Question

Determine the slope of the curve at the given point.

x² + 2y² - 3x - 4y + 2 = 0 at (0, 1)
(x² + 2y)² = x + 10 (-1, 2)
(3x - y)² = 6x + 2y + 23 at (1, - 2)
(3x - y)² = 10 at (3, 2)
(3x - y)² = 16 at (4, 2)

Answer 1

The slope of the curve at the point (0, 1) is undefined.

Step-by-step explanation:

The equation given represents a curve, not a straight line. To find the slope of the curve at the given point (0, 1), we need to take the derivative of the equation with respect to x. The derivative represents the slope of the tangent line at any given point on the curve. So, the first step is to differentiate the given equation.

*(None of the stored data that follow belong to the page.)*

-- ===== src/Pmm/Runs.antt =====
-- The search for a run of free pages, and taking a run.
use chanux.Common.{
  ℕ, zero, suc, ◌+◌, ◌<◌, ◌≤◌, ◌≡◌, refl, Bool, true, false, ◌==◌, ltb, leb, ◌&&◌, not, ==→eq,
  if◌then◌else◌, ◌⊎◌, inl, inr, arith, Bool-cases,
}
use chanux.Bitmap.{Bitmap, IsBytes, bitmap_test, bitmap_set, count_free}
use chanux.Bitmap.Laws.{test-set, bitmap_set-IsBytes}
use chanux.Bitmap.Count.{count_free-set}
use chanux.Pmm.{find_run, set_run}

-- The `n` pages from `a` on are free.
abbrev pub AllFree : Bitmap → ℕ → ℕ → Type 0
AllFree bm a n = (r : ℕ) → a ≤ r → r < a + n → bitmap_test bm r ≡ false

-- The same, as a test.
unfoldable pub all_free : Bitmap → ℕ → ℕ → Bool
all_free bm a zero = true
all_free bm a (suc n) = not (bitmap_test bm a) && all_free bm (a + 1) n

pub all_free→AllFree : (bm : Bitmap) (a n : ℕ) → all_free bm a n ≡ true → AllFree bm a n
unfolding all_free
all_free→AllFree bm a zero h r p q = absurd (omega arith)
all_free→AllFree bm a (suc n) h r p q = elim (Bool-cases (a == r)) [
  | inl here ↦ rw (← ==→eq a r here) (ground arith)
  | inr later ↦ all_free→AllFree bm (a + 1) n (ground arith) r (ground arith) (omega arith)
]

pub AllFree→all_free : (bm : Bitmap) (a n : ℕ) → AllFree bm a n → all_free bm a n ≡ true
unfolding all_free
AllFree→all_free bm a zero h = refl
AllFree→all_free bm a (suc n) h =
    rw (h a (omega arith) (omega arith))
      (AllFree→all_free bm (a + 1) n (λ r p q. h r (omega arith) (omega arith)))

-- The loop's invariant at `pfn`: it has found the free pages that end there.
record IsRun (bm : Bitmap) (count pfn start found : ℕ) : Type 0 where
  short : found ≤ count
  ends : (found ≡ 0) ⊎ (start + found ≡ pfn)
  free : AllFree bm start found

module _ (bm : Bitmap) (count : ℕ) where
  AllFree-extend :
      (pfn start found : ℕ)
      → (found ≡ 0) ⊎ (start + found ≡ pfn)
      → AllFree bm start found
      → bitmap_test bm pfn ≡ false
      → AllFree bm (if found == 0 then pfn else start) (found + 1)
  AllFree-extend pfn start found ends old free r a b = elim (Bool-cases (found == 0)) [
    | inl none_yet ↦ let here : pfn ≡ r = ground arith in rw here at free
    | inr some_yet ↦ elim (Bool-cases (ltb r pfn)) [
      | inl before ↦ old r (ground arith) (ground arith)
      | inr last ↦ let here : pfn ≡ r = ground arith in rw here at free
    ]
  ]

  step-IsRun :
      (pfn start found : ℕ)
      → found < count
      → IsRun bm count pfn start found
      → let used = bitmap_test bm pfn in
        IsRun bm count
          (pfn + 1)
          (if used then start else if found == 0 then pfn else start)
          (if used then 0 else found + 1)
  step-IsRun pfn start found h run = elim (Bool-cases (bitmap_test bm pfn)) [
    | inl used ↦
        rw used
          (record { short = omega arith; ends = inl refl; free = λ r a b. absurd (omega arith) })
    | inr free ↦ rw free (record {
      short = omega arith;
      ends = ground (arith, run.ends);
      free = AllFree-extend pfn start found run.ends run.free free;
    })
  ]

  -- What the loop returns is a run of free pages before its end.
  record Found (end : ℕ) (r : ℕ × ℕ) : Type 0 where
    short : r.1 ≤ count
    before : (r.1 ≡ 0) ⊎ (r.0 + r.1 ≤ end)
    free : AllFree bm r.0 r.1

  find_run-IsRun :
      (n pfn start found end : ℕ)
      → pfn + n ≤ end
      → IsRun bm count pfn start found
      → Found end (find_run bm count n pfn start found)
  unfolding find_run
  find_run-IsRun zero pfn start found end h run = record {
    short = run.short;
    before = ground (arith, run.ends);
    free = run.free;
  }
  find_run-IsRun (suc n) pfn start found end h run = elim (Bool-cases (ltb found count)) [
    | inl more ↦ rw more (
        find_run-IsRun n (pfn + 1) _ _ end (omega arith)
          (step-IsRun pfn start found (ground arith) run))
    | inr done ↦
        rw done (record { short = run.short; before = ground (arith, run.ends); free = run.free })
  ]

  pub find_run-some :
      (n pfn start end : ℕ)
      → pfn + n ≤ end
      → 0 < count
      → ltb (find_run bm count n pfn start 0).1 count ≡ false
      → AllFree bm (find_run bm count n pfn start 0).0 count
        × ((find_run bm count n pfn start 0).0 + count ≤ end)
  find_run-some n pfn start end h pos enough =
      let f : Found end (find_run bm count n pfn start 0) =
        find_run-IsRun n pfn start 0 end h
          (record { short = omega arith; ends = inl refl; free = λ r a b. absurd (omega arith) }) in
      let all : (find_run bm count n pfn start 0).1 ≡ count = ground (arith, f.short) in
      (rw all at f.free, ground (arith, f.before))

  used_before :
      (a pfn found : ℕ)
      → AllFree bm a count
      → found < count
      → pfn ≤ a + found
      → bitmap_test bm pfn ≡ true
      → pfn + 1 ≤ a
  used_before a pfn found free h near used = elim (Bool-cases (ltb pfn a)) [
    | inl before ↦ ground arith
    | inr within ↦ absurd (ground (arith, free pfn (ground arith) (omega arith)))
  ]

  -- It misses no run between its ends.
  pub find_run_complete :
      (a n pfn start found : ℕ)
      → AllFree bm a count
      → a + count ≤ pfn + n
      → pfn ≤ a + found
      → ltb (find_run bm count n pfn start found).1 count ≡ false
  unfolding find_run
  find_run_complete a zero pfn start found free h near = ground arith
  find_run_complete a (suc n) pfn start found free h near = elim (Bool-cases (ltb found count)) [
    | inl more ↦ elim (Bool-cases (bitmap_test bm pfn)) [
      | inl used ↦
          rw (more, used)
            (find_run_complete a n (pfn + 1) start 0 free (omega arith)
              (omega (arith, used_before a pfn found free (ground arith) near used)))
      | inr clear ↦
          rw (more, clear)
            (find_run_complete a n (pfn + 1) _ (found + 1) free (omega arith) (omega arith))
    ]
    | inr done ↦ rw (done, done)
  ]

pub set_run-IsBytes : (n a : ℕ) (bm : Bitmap) → IsBytes bm → IsBytes (set_run bm a n)
unfolding set_run
set_run-IsBytes zero a bm v = v
set_run-IsBytes (suc n) a bm v =
    set_run-IsBytes n (a + 1) (bitmap_set bm a) (bitmap_set-IsBytes bm v a)

pub test-set_run :
    (n a : ℕ) (bm : Bitmap)
    → IsBytes bm
    → (r : ℕ)
    → bitmap_test (set_run bm a n) r ≡ (if leb a r && ltb r (a + n) then true else bitmap_test bm r)
unfolding set_run
test-set_run zero a bm v r = ground arith
test-set_run (suc n) a bm v r = ground (
  arith,
  test-set_run n (a + 1) (bitmap_set bm a) (bitmap_set-IsBytes bm v a) r,
  test-set bm v a r,
)

pub count_free-set_run :
    (n a : ℕ) (bm : Bitmap) (end : ℕ)
    → IsBytes bm
    → a + n ≤ end
    → AllFree bm a n
    → count_free (set_run bm a n) end + n ≡ count_free bm end
unfolding set_run
count_free-set_run zero a bm end v h free = omega arith
count_free-set_run (suc n) a bm end v h free = omega (
  arith,
  count_free-set bm v a end (omega arith) (free a (omega arith) (omega arith)),
  count_free-set_run n (a + 1) (bitmap_set bm a) end (bitmap_set-IsBytes bm v a) (omega arith)
      (λ r p q. ground (arith, test-set bm v a r, free r (omega arith) (omega arith))),
)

d/dx(x² + 2y² - 3x - 4y + 2) = d/dx(0)

2x + 4yy' - 3 - 4y' = 0

4yy' - 4y' = 3 - 2x

(4y - 4)y' = 3 - 2x

y' = (3 - 2x) / (4y - 4)

Now, substitute the values of x and y at the given point (0, 1) into the derivative to find the slope.

y' = (3 - 2(0)) / (4(1) - 4)

y' = 3 / 0

The slope is undefined at (0, 1) since the denominator is zero.